Ayyakannu called off this whole play in Delhi on 23rd April after 40 days, when the Chief Minister of Tamil Nadu came to meet these protestors.
He said that their group is giving a one month’s time-frame to the government in order to fulfill their demands otherwise, they would resume their protests in the national capital from May 25 on a bigger scale.
This impostor farmer leader Ayyakannu again came back to Delhi again on 16th July with his gang of ruffians to continue their drama.
Ayakannu as per media reports is not even a farmer, but a lawyer, who makes huge amounts of money through out of court settlements and personally owns hundreds of acres of land.
He and his bunch of hooligans all look quite healthy and well-fed. They don’t appear like destitute farmers as claimed by them.

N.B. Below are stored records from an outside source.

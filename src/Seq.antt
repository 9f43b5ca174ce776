-- ===== src/Seq.antt =====
-- The comparison of TCP sequence numbers of qstack/src/include/protocol.h: the sign of a 32-bit
-- difference.
pub mod Tests
use qstack.Common.{
  ℕ, ◌^◌, ◌≤◌, ◌<◌, ◌≡◌, ◌↔◌, Bool, true, ◌&&◌, ◌||◌, not, ◌==◌, ltb, leb, sub32, arith,
}

-- `(int32_t)(a - b) < 0`, for a and b below 2 ^ 32, and so on.
unfoldable pub seq_lt : ℕ → ℕ → Bool
seq_lt a b = leb (2 ^ 31) (sub32 a b)

unfoldable pub seq_leq : ℕ → ℕ → Bool
seq_leq a b = leb (2 ^ 31) (sub32 a b) || (sub32 a b == 0)

unfoldable pub seq_gt : ℕ → ℕ → Bool
seq_gt a b = ltb (sub32 a b) (2 ^ 31) && not (sub32 a b == 0)

unfoldable pub seq_geq : ℕ → ℕ → Bool
seq_geq a b = ltb (sub32 a b) (2 ^ 31)

unfoldable pub seq_between : ℕ → ℕ → ℕ → Bool
unfolding seq_geq seq_leq
seq_between a b c = seq_geq a b && seq_leq a c

-- How far a sequence number lies behind `base`.
abbrev pub offset : ℕ → ℕ → ℕ
offset base a = sub32 a base

-- For 32-bit numbers within half the space behind any base, across the wrap-around too, the
-- comparisons are those of the distances from that base.
pub seq_order :
    (base a b : ℕ)
    → base < 2 ^ 32
    → a < 2 ^ 32
    → b < 2 ^ 32
    → offset base a < 2 ^ 31
    → offset base b < 2 ^ 31
    → ((seq_lt a b ≡ true) ↔ (offset base a < offset base b))
      × ((seq_leq a b ≡ true) ↔ (offset base a ≤ offset base b))
      × ((seq_gt a b ≡ true) ↔ (offset base b < offset base a))
      × ((seq_geq a b ≡ true) ↔ (offset base b ≤ offset base a))
unfolding seq_lt seq_leq seq_gt seq_geq
seq_order base a b hb ha hc h k = (
  (λ e. ground arith, λ e. ground arith),
  (λ e. ground arith, λ e. ground arith),
  (λ e. ground arith, λ e. ground arith),
  (λ e. ground arith, λ e. ground arith),
)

Fake farmers like the aforementioned Ayyakannu are just the front faces of this façade in the name of farmers.
The remote controls of such characters remain in the hands of politicians, who use them for their narrow, selfish, corrupt agendas depending on the political situation at the state and national level.
The governments of Punjab, Maharashtra, Karnataka, Rajasthan & U.P. provinces have waived off agricultural loans worth Billions. This has set up a very bad precedent for the rest of the country.
There are no ‘free lunches’ in this world. These half baked measures like loan waivers just make people lazy parasites.
The following steps would go a long way in helping the real distressed farmers;
Scientific soil and climate testing should be done across all farming regions in India. Farmers can then be educated about which crops to grow profitably, in how many cycles; depending on the soil conditions and climate of the region.
Implement agricultural reforms like farming co-operatives, where farmers having small agricultural land holdings can be encouraged to come together and pool their land plus resources together.
Crop storage infrastructure should be built and maintained in every village so, that farmer can store their surplus produce rather than sell it desperately at a low price.
Crop insurance must be compulsorily introduced all over the country wherein, farmers by paying a nominal amount need not bother about their crops getting destroyed through excessive rain or drought.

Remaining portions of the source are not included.